*Recorded data*

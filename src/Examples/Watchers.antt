-- ===== src/Examples/Watchers.antt =====
-- Alice sets a document that bob watches.
use sodp.Base.{str_eq, false, refl, some, none, [], ◌∷◌, Option, List, arith}
use sodp.Base.{All, true, sym, none-ne-some}
use sodp.Json.{obj, field, end, str, get}
use sodp.Frame.{Frame}
use sodp.Session.{WatchEntry, watch_stream_id}
use sodp.Fanout.{is_other, subscribers}
use sodp.Server.Watch.{keys_of, handle_unwatch}
use sodp.Server.Unwatching.{IsWatched, handle_unwatch-Quiet}
use sodp.Base.Dict
use sodp.Base.IdMap
use sodp.Json.{null, WellFormed}
use sodp.Delta.{DeltaOp}
use sodp.Delta.Apply.{SafeKeys}
use sodp.Frame.{Bytes}
use sodp.Session
use sodp.Fanout.{Subscriber}
use sodp.State
use sodp.State.CatchUp.{value_of}
use sodp.Server.{Connection}
use sodp.Server.Call.{store_value, nothing}
use sodp.Server.Watching.{IsWatching}
use sodp.Server.Following.{Follows, store_value-Follows}
use sodp.Base.{◌≡◌}
use sodp.Frame.{OutboundMsg, frame}
use sodp.Server.Following.{follow}
use sodp.Server.Snapshot.{CanWatch, snapshot, writing, subscribe_key-Follows}
use sodp.Examples.Values.{idle, old_doc, old_doc-WellFormed, old_doc-SafeKeys}
use sodp.Examples.Calls.{config, connection, set_frame}

abbrev bob : Subscriber
bob = record { session_id = "bob"; stream_id = 12; write = 2 }

abbrev at_work : Connection
at_work = record connection { fanout = record { subscriptions = ("doc", bob ∷ []) ∷ [] } }

-- A decoder that knows the one delta of this example.
abbrev decode : Bytes → Option (List DeltaOp)
decode b = some (State.ops_for none old_doc)

bob-IsWatching : IsWatching at_work "doc" 2 idle bob
unfolding IdMap.get Dict.get Session.new
bob-IsWatching = record {
  found = refl;
  open_handle = refl;
  room = omega arith;
  other = refl;
  alone = refl;
}

null-WellFormed : WellFormed (value_of (State.get State.new "doc"))
unfolding WellFormed State.get Dict.get
null-WellFormed = tt

null-SafeKeys : SafeKeys (value_of (State.get State.new "doc"))
unfolding SafeKeys State.get Dict.get
null-SafeKeys = tt

store_value-Follows_example :
    Follows decode "doc" 2 idle bob at_work
      (store_value config at_work (set_frame "doc") "call" "doc" old_doc nothing)
unfolding Dict.get
store_value-Follows_example =
    store_value-Follows config decode at_work "doc" 2 idle bob bob-IsWatching old_doc
      (set_frame "doc") "call" (record { ops_back = refl }) null-WellFormed old_doc-WellFormed
      null-SafeKeys old_doc-SafeKeys

-- Bob's connection before he watches anything; alice writes through the handle 1.
abbrev bob_connection : Connection
bob_connection = record connection {
  fanout = record { subscriptions = [] };
  session = Session.new "bob" 0 none none;
  handle = 2;
}

bob-CanWatch : CanWatch bob_connection "doc" idle
unfolding IdMap.get Dict.get
bob-CanWatch = record { found = refl; open_handle = refl; room = omega arith; fresh = refl }

two_sessions : str_eq bob_connection.session.id connection.session.id ≡ false
unfolding Session.new
two_sessions = refl

subscribe_key-Follows_example :
    (msgs : List OutboundMsg) × (IdMap.get
        (store_value config
          (writing bob_connection "doc" none idle bob-CanWatch connection.session 1 refl
            two_sessions)
          (set_frame "doc")
          "call"
          "doc"
          old_doc
          nothing).handles
        2
      ≡ some (record idle { outbound = frame (snapshot bob_connection "doc" none) ∷ msgs }))
    × (follow decode 10 null msgs
        ≡ value_of (
            State.get
              (store_value config
                (writing bob_connection "doc" none idle bob-CanWatch connection.session 1 refl
                  two_sessions)
                (set_frame "doc")
                "call"
                "doc"
                old_doc
                nothing).state
              "doc"))
unfolding Dict.get Session.new State.get
subscribe_key-Follows_example =
    subscribe_key-Follows bob_connection "doc" none idle bob-CanWatch connection.session 1 refl
      two_sessions config decode old_doc (set_frame "doc") "call" (record { ops_back = refl })
      null-WellFormed old_doc-WellFormed null-SafeKeys old_doc-SafeKeys

-- Bob has watched the document twice, and ends both watches with one UNWATCH.
abbrev entry : WatchEntry
entry = record { state_key = "doc"; params = none; last_seq = 0 }

abbrev twice : Connection
twice = record bob_connection {
  session = record (Session.new "bob" 0 none none) { watches = (10, entry) ∷ (11, entry) ∷ [] };
  fanout = record {
    subscriptions =
        (
          "doc",
          record { session_id = "bob"; stream_id = 10; write = 2 }
              ∷ record { session_id = "bob"; stream_id = 11; write = 2 }
              ∷ [],
        )
        ∷ [];
  };
}

abbrev unwatch_frame : Frame
unwatch_frame = record {
  frame_type = 13;
  stream_id = 0;
  seq = 0;
  body = obj (field "state" (str "doc") end);
}

twice-IsWatched : IsWatched twice "doc"
unfolding IdMap.get Session.new watch_stream_id
twice-IsWatched = record {
  unique = (refl, (refl, tt));
  quiet = λ e. absurd (none-ne-some _ (sym e));
}

names_doc : keys_of unwatch_frame.body ≡ some ("doc" ∷ [])
unfolding get keys_of
names_doc = refl

handle_unwatch-Quiet_example :
    All
      (λ s. is_other twice.session.id s ≡ true)
      (subscribers (handle_unwatch unwatch_frame twice).fanout "doc")
handle_unwatch-Quiet_example =
    handle_unwatch-Quiet unwatch_frame twice ("doc" ∷ []) "doc" names_doc refl twice-IsWatched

*Exercise aim*
After counting the lines above that include the word "unfolding", give only the number.

*Exercise solution*
9